A recent study conducted at the prestigious Harvard Medical School and published in the authoritative "New England Journal of Medicine" has unearthed a (pardon the pun!) weighty fact: If you hang around overweight people, you increase the risk of becoming overweight yourself.

Makes you wonder what significant insight could come next, doesn't it? Some researcher is likely to discover that driving fast on a winding mountain road with your hands in your lap increases your risk of an automobile accident. Why, I can even imagine that a hefty grant could be spent to prove that students who miss class, fail to do assignments, and sleep during exams make lower grades.

To be fair, the study referenced above was actually part of a federal study of heart disease over a 32-year period. It wasn't just about fat friends making it easier for people to get fat. But that finding got press and air time. It was as if stating the obvious wasn't enough. There needed to be a serious study to prove that pot bellies, love handles, thunder thighs, and chubby cabooses run in packs.

Before you get angry with me, let me hasten to say that my intention here is not to pick on people who are overweight. More than one person has recently pointed out that I could stand to lose a few pounds!
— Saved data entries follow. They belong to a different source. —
-- ===== src/Redis/Connection.antt =====
-- The connection's settings in crates/redis-web-runtime/src/redis.rs. A duration is in seconds.
use redis_web.Prelude.{
  ℕ, ◌*◌, ◌/◌, ◌%◌, ◌^◌, Bool, true, false, Option, none, some, [], ◌∷◌, ◌++◌, ltb, if◌then◌else◌,
  unwrap_or, Result, ok, err, ◌>>=◌,
}
use redis_web.Text.{Bytes, codes, eq_bytes}
use redis_web.Text.Decimal.{to_string}
use redis_web.Config.Settings.{
  Config, SslConfig, RedisAuthConfig, legacy, acl_user, HiRedisConfig, default_http_threads,
  default_pool_size_per_thread, get_redis_url,
}

pub data ErrorKind : Type 0 where
  invalid_client_config io : ErrorKind
  other_kind : Bytes → ErrorKind

pub record RedisError : Type 0 where
  pub error_kind : ErrorKind
  pub description : Bytes
  detail : Bytes

pub data ProtocolVersion : Type 0 where
  resp2 resp3 : ProtocolVersion

pub data ConnectionAddr : Type 0 where
  tcp tcp_tls : Bytes → ℕ → ConnectionAddr
  unix : Bytes → ConnectionAddr
  other_addr : ConnectionAddr

pub record RedisConnectionInfo : Type 0 where
  pub db : ℕ
  pub username : Option Bytes
  pub password : Option Bytes
  pub protocol : ProtocolVersion

-- `keepalive` is the part of the TCP settings that the code sets: the idle time and the interval.
pub record ConnectionInfo : Type 0 where
  pub addr : ConnectionAddr
  pub redis_settings : RedisConnectionInfo
  pub keepalive : Option (ℕ × ℕ)

unfoldable pub ssl_enabled : Config → Bool
ssl_enabled config = on config.ssl
  where
    on : Option SslConfig → Bool
    on none = false
    on (some ssl) = ssl.enabled

abbrev username_password : Option RedisAuthConfig → Option Bytes × Option Bytes
username_password none = (none, none)
username_password (some (legacy password)) = (none, some password)
username_password (some (acl_user (u ∷ (p ∷ [])))) = (some u, some p)
username_password (some (acl_user _)) = (none, none)

unfoldable pub redis_username_password : Config → Option Bytes × Option Bytes
redis_username_password config = username_password config.redis_auth

unfoldable pub keepalive_time_and_interval : ℕ → ℕ × ℕ
keepalive_time_and_interval keep_alive_sec =
    (keep_alive_sec, if ltb 1 (keep_alive_sec / 3) then keep_alive_sec / 3 else 1)

-- `hiredis.keep_alive_sec`, if it is above zero
abbrev positive : Option ℕ → Option ℕ
positive none = none
positive (some n) = if ltb 0 n then some n else none

abbrev setting_of : Option HiRedisConfig → Option ℕ
setting_of none = none
setting_of (some h) = positive h.keep_alive_sec

abbrev pub keepalive_setting : Config → Option ℕ
keepalive_setting config = setting_of config.hiredis

abbrev with_keepalive : ConnectionAddr → ℕ → ConnectionInfo → ConnectionInfo
with_keepalive (tcp _ _) n info = record info { keepalive = some (keepalive_time_and_interval n) }
with_keepalive (tcp_tls _ _) n info = record info {
  keepalive = some (keepalive_time_and_interval n);
}
with_keepalive (unix _) n info = info
with_keepalive other_addr n info = info

abbrev apply_setting : Option ℕ → ConnectionInfo → ConnectionInfo
apply_setting none info = info
apply_setting (some n) info = with_keepalive info.addr n info

unfoldable pub maybe_apply_tcp_keepalive :
    Config → ConnectionInfo → Result RedisError ConnectionInfo
maybe_apply_tcp_keepalive config info = ok (apply_setting (keepalive_setting config) info)

abbrev bool_text : Bool → Bytes
bool_text true = codes "true"
bool_text false = codes "false"

abbrev endpoint : Config → Option Bytes → Bytes
endpoint config (some socket) =
    codes "unix:" ++ (socket ++ (codes " db=" ++ to_string config.database))
endpoint config none =
    codes "tcp:"
    ++ (config.redis_host
        ++ b':'
          ∷ (to_string config.redis_port
              ++ (codes " db="
                  ++ (to_string config.database
                      ++ (codes " tls=" ++ bool_text (ssl_enabled config))))))

unfoldable redis_endpoint_summary : Config → Bytes
redis_endpoint_summary config = endpoint config config.redis_socket

abbrev ssl_with_socket : RedisError
ssl_with_socket = record {
  error_kind = invalid_client_config;
  description = codes "ssl is not supported with redis_socket";
  detail = codes "Disable ssl.enabled or remove redis_socket. TLS does not apply to UNIX sockets.";
}

-- The surroundings: `metadata` says of a path whether it is a socket, or the error's text;
-- `parse_url` and `addr_info` are the client library's `into_connection_info`, of a URL and of an
-- address.
pub record Client : Type 0 where
  pub metadata : Bytes → Result Bytes Bool
  pub parse_url : Bytes → Result RedisError ConnectionInfo
  pub addr_info : ConnectionAddr → Result RedisError ConnectionInfo

module _ (client : Client) where
  open client use {metadata, parse_url, addr_info}

  abbrev inaccessible : Bytes → Bytes → RedisError
  inaccessible path e = record {
    error_kind = io;
    description = codes "redis_socket path is not accessible";
    detail = path ++ (codes ": " ++ e);
  }

  abbrev no_socket : Bytes → RedisError
  no_socket path = record {
    error_kind = invalid_client_config;
    description = codes "redis_socket is not a unix socket";
    detail = path ++ codes " is not a socket file";
  }

  unfoldable pub validate_unix_socket_path : Bytes → Result {0, 0} RedisError Unit
  validate_unix_socket_path path = elim (metadata path) [
    | err e ↦ err (inaccessible path e)
    | ok is_socket ↦ if is_socket then ok _ else err (no_socket path)
  ]

  -- `RedisConnectionInfo::default()` with the database, the protocol and the credentials
  abbrev pub unix_settings : Config → RedisConnectionInfo
  unix_settings config =
      let (u, p) = redis_username_password config in
      record { db = config.database; username = u; password = p; protocol = resp2 }

  unfoldable pub connection_info_for_unix_socket_redis :
      Config → Bytes → Result RedisError ConnectionInfo
  connection_info_for_unix_socket_redis config socket_path =
      validate_unix_socket_path socket_path >>= λ _. addr_info (unix socket_path) >>= λ info.
      ok (record info { redis_settings = unix_settings config })

  abbrev with_resp2 : ConnectionInfo → ConnectionInfo
  with_resp2 info = record info {
    redis_settings = record (info.redis_settings) { protocol = resp2 };
  }

  unfoldable pub tcp_connection_info : Config → Result RedisError ConnectionInfo
  tcp_connection_info config = parse_url (get_redis_url config) >>= λ info.
      maybe_apply_tcp_keepalive config (with_resp2 info)

  abbrev info_for : Config → Option Bytes → Result RedisError ConnectionInfo
  info_for config none = tcp_connection_info config
  info_for config (some socket) =
      if ssl_enabled config
      then err ssl_with_socket
      else connection_info_for_unix_socket_redis config socket

  unfoldable pub pool_connection_info : Config → Result RedisError ConnectionInfo
  pool_connection_info config = info_for config config.redis_socket

  -- `redis::Client::open` takes what `into_connection_info` gives; `open` is that call.
  module _ {C : Type 0} (open_client : ConnectionInfo → Result RedisError C) where
    abbrev client_for : Config → Option Bytes → Result RedisError C
    client_for config (some socket) =
        connection_info_for_unix_socket_redis config socket >>= open_client
    client_for config none = pool_connection_info config >>= open_client

    unfoldable pub create_client : Config → Result RedisError C
    create_client config = client_for config config.redis_socket

    abbrev pubsub_client_for : Config → Option Bytes → Result RedisError C
    pubsub_client_for config (some socket) =
        connection_info_for_unix_socket_redis config socket >>= open_client
    pubsub_client_for config none = parse_url (get_redis_url config) >>= open_client

    unfoldable pub create_pubsub_client : Config → Result RedisError C
    create_pubsub_client config = pubsub_client_for config config.redis_socket

-- the number of connections of a pool, a `usize`
unfoldable pub pool_size : Config → ℕ
pool_size config =
    (unwrap_or config.pool_size_per_thread default_pool_size_per_thread
      * unwrap_or config.http_threads default_http_threads)
    % 2 ^ 64

-- `recycle`: an idle connection is kept only if it answers a PING with PONG. `ping` is the query.
pub data RecycleError : Type 0 where
  backend : RedisError → RecycleError
  message : Bytes → RecycleError

unfoldable recycle : Result RedisError Bytes → Result {0, 0} RecycleError Unit
recycle (err e) = err (backend e)
recycle (ok pong) =
    if eq_bytes pong (codes "PONG")
    then ok _
    else err (message (codes "unexpected PING response from Redis: " ++ pong))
I'm only using this state-the-obvious study to make this state-the-obvious point: The people you hang with take you to their loves, their lifestyles, their habits, and their fates.

It didn't take Harvard to convince me that I become like the people I choose as my friends. It started back in fourth grade in Mrs. Whaley's homeroom. I was impressed with the "cuss words" of some of the guys at recess that I had never heard at home. I hung around with them and learned every one. And it made me feel big and tough. Then Mrs. Whaley heard one of them come from my mouth and threatened to tell my mother if it ever happened again. Thus ended a cursing career that seemed destined to make a sailor of me.

Parents had better care about the kids our own kids choose as friends. Employers had better deal with people found to be slackers or corner-cutters or thieves. If one of us is shocked at the things going on among the people she has chosen as friends, she'd better take stock of how compromised she is already.

The Bible, common sense, and now the "New England Journal of Medicine" all say the same thing: Be careful about the friendships you form, for those friendships in turn form you. It just makes sense, then, to choose wisely.

Be careful about the friendships you form!

Do not be misled: "Bad company corrupts good character" (1 Corinthians 15:33 TNIV).